How to Convert a Spark DataFrame to Map in Scala

Hi Friends,

In this post, I am going to explain that how we can convert Spark DataFrame to Map.


Input DataFrame :

Output map :



Below is the explained code with all the steps along with its Output.  

import org.apache.spark.SparkConf
import org.apache.spark.sql.{Row, SparkSession}
import org.apache.spark.sql.types.{IntegerType, StringType, StructField, StructType}

object ConvertDFToMap {

  def main(args: Array[String]) {

    //Creating SparkSession
    lazy val conf = new SparkConf().setAppName("DataFrame-to-Map").set("spark.default.parallelism", "1")
      .setIfMissing("spark.master", "local[*]")
    lazy val sparkSession = SparkSession.builder().config(conf).getOrCreate()

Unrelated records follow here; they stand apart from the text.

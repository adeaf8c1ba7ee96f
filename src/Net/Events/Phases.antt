-- ===== src/Net/Events/Phases.antt =====
-- What each handler does to the status and the media properties of its connection, and to nothing
-- else that a predicate of the two can see.
use hyperion_server.Common.{ℕ, ◌≤◌, List, leb, Bool-cases, inl, inr, arith}
use hyperion_server.Common.Exec.{◌>>=◌, assert}
use hyperion_server.Common.Exec.Kept.{Kept, Kept-assert, Kept-bind, Kept-gets}
use hyperion_server.Media.Prop.{MediaProp}
use hyperion_server.Media.Save.{Answers}
use hyperion_server.Net.Connection.{
  Connection, ConnectionStatus, Local, rank, on_conn, async_write, async_read, async_receive,
  async_wait, Timeout, send_greeting, receive_greeting, set_status,
}
use hyperion_server.Net.Listener.{do_async_receive, begin_async_receive}
use hyperion_server.Net.Events.{on_connection_accepted}
use hyperion_server.Net.Events.Framed.{
  Frame, Kept-inc_ref_count, Kept-prepare, Kept-get_streambuf, Kept-begin_out_files,
}
use hyperion_server.Media.Prop.{MediaConfig}

-- A predicate of the status and the properties, as one of the handler's state.
abbrev pub Of : (ConnectionStatus → MediaProp → Type 0) → Local → Type 0
Of P l = P l.status l.media_prop

pub seen : (P : ConnectionStatus → MediaProp → Type 0) → Frame (λ c. P c.status c.media_prop)
seen P = record {
  out_path = λ c x p. p;
  out_open = λ c x p. p;
  directory = λ c x p. p;
  socket = λ c x p. p;
  buffer = λ c x p. p;
  expiry = λ c x p. p;
  ended = λ c x p. p;
  references = λ c x p. p;
}

module _ (P : ConnectionStatus → MediaProp → Type 0) where
  pub Kept-on_conn :
      (f : Connection → Connection)
      → ((c : Connection) → P c.status c.media_prop → P (f c).status (f c).media_prop)
      → Kept (Of P) (on_conn f)
  unfolding on_conn
  Kept-on_conn f h = record { at = λ l p. h l.conn p }

  pub Kept-async_write : (msg : List ℕ) → Kept (Of P) (async_write msg)
  unfolding async_write
  Kept-async_write msg = Kept-bind (Kept-inc_ref_count (seen P)) (λ u. Kept-on_conn _ (λ c p. p))

  pub Kept-async_read : (answers : Answers) (n : ℕ) → Kept (Of P) (async_read answers n)
  unfolding async_read
  Kept-async_read answers n =
      Kept-bind (Kept-inc_ref_count (seen P))
        (λ u. Kept-bind (Kept-prepare (seen P) answers n) (λ u. Kept-on_conn _ (λ c p. p)))

  Kept-async_receive : (answers : Answers) (n : ℕ) → Kept (Of P) (async_receive answers n)
  unfolding async_receive
  Kept-async_receive answers n =
      Kept-bind (Kept-inc_ref_count (seen P))
        (λ u. Kept-bind (Kept-prepare (seen P) answers n) (λ u. Kept-on_conn _ (λ c p. p)))

  pub Kept-async_wait : (timeout : Timeout) → Kept (Of P) (async_wait timeout)
  unfolding async_wait
  Kept-async_wait send_greeting =
      Kept-bind (Kept-inc_ref_count (seen P)) (λ u. Kept-on_conn _ (λ c p. p))
  Kept-async_wait receive_greeting =
      Kept-bind (Kept-inc_ref_count (seen P)) (λ u. Kept-on_conn _ (λ c p. p))

  -- The status moves only down the list.
  pub Kept-set_status :
      (status : ConnectionStatus)
      → ((s : ConnectionStatus) (p : MediaProp) → P s p → rank s ≤ rank status → P status p)
      → Kept (Of P) (set_status status)
  unfolding set_status assert on_conn ◌>>=◌
  Kept-set_status status h = record {
    at = λ l p. elim (Bool-cases (leb (rank l.status) (rank status))) [
      | inl e ↦ rw e (h l.status l.media_prop p (ground arith))
      | inr e ↦ rw e p
    ];
  }

  pub Kept-do_async_receive : (answers : Answers) → Kept (Of P) (do_async_receive answers)
  unfolding do_async_receive
  Kept-do_async_receive answers =
      Kept-bind (Kept-get_streambuf (seen P))
        (λ u. Kept-gets _ (λ size. Kept-bind (Kept-assert _) (λ u. Kept-async_receive answers _)))

  pub Kept-on_connection_accepted :
      (config : MediaConfig) (answers : Answers)
      → Kept (Of P) (on_connection_accepted config answers)
  unfolding on_connection_accepted begin_async_receive
  Kept-on_connection_accepted config answers =
      Kept-bind (Kept-begin_out_files (seen P) answers _) (λ u. Kept-do_async_receive answers)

    // Creating Seq of Raw Data to create DataFrame to test
    val rawData = Seq(
      Row(1, "Anamika", "Uttar Pradesh"),
      Row(2, "Ananya", "Delhi"),
      Row(3, "Ambika", "Madhya Pradesh"),
      Row(4, "Abhinav", "Rajasthan"),
      Row(5, "Avinash", "Noida")
    )

    // Creating Schema to create DataFrame from Seq (rawData)
    val Schema = List(
      StructField("id", IntegerType, true),
      StructField("name", StringType, true),
      StructField("address", StringType, true)
    )

    // Creating DataFrame from above rawData and Schema
    val rawDF = sparkSession.createDataFrame(
      sparkSession.sparkContext.parallelize(rawData),
      StructType(Schema))

    // Printing DataFrame
    rawDF.show(false)

    // collecting the Data from DataFrame to creating Map
    val collectedDF = rawDF.collect

    // Converting DataFrame to Map using above collected Data
    val convertDFToMap = collectedDF.map(row =>
              row.getValuesMap(rawDF.columns).map(x => (x._1, x._2.toString)))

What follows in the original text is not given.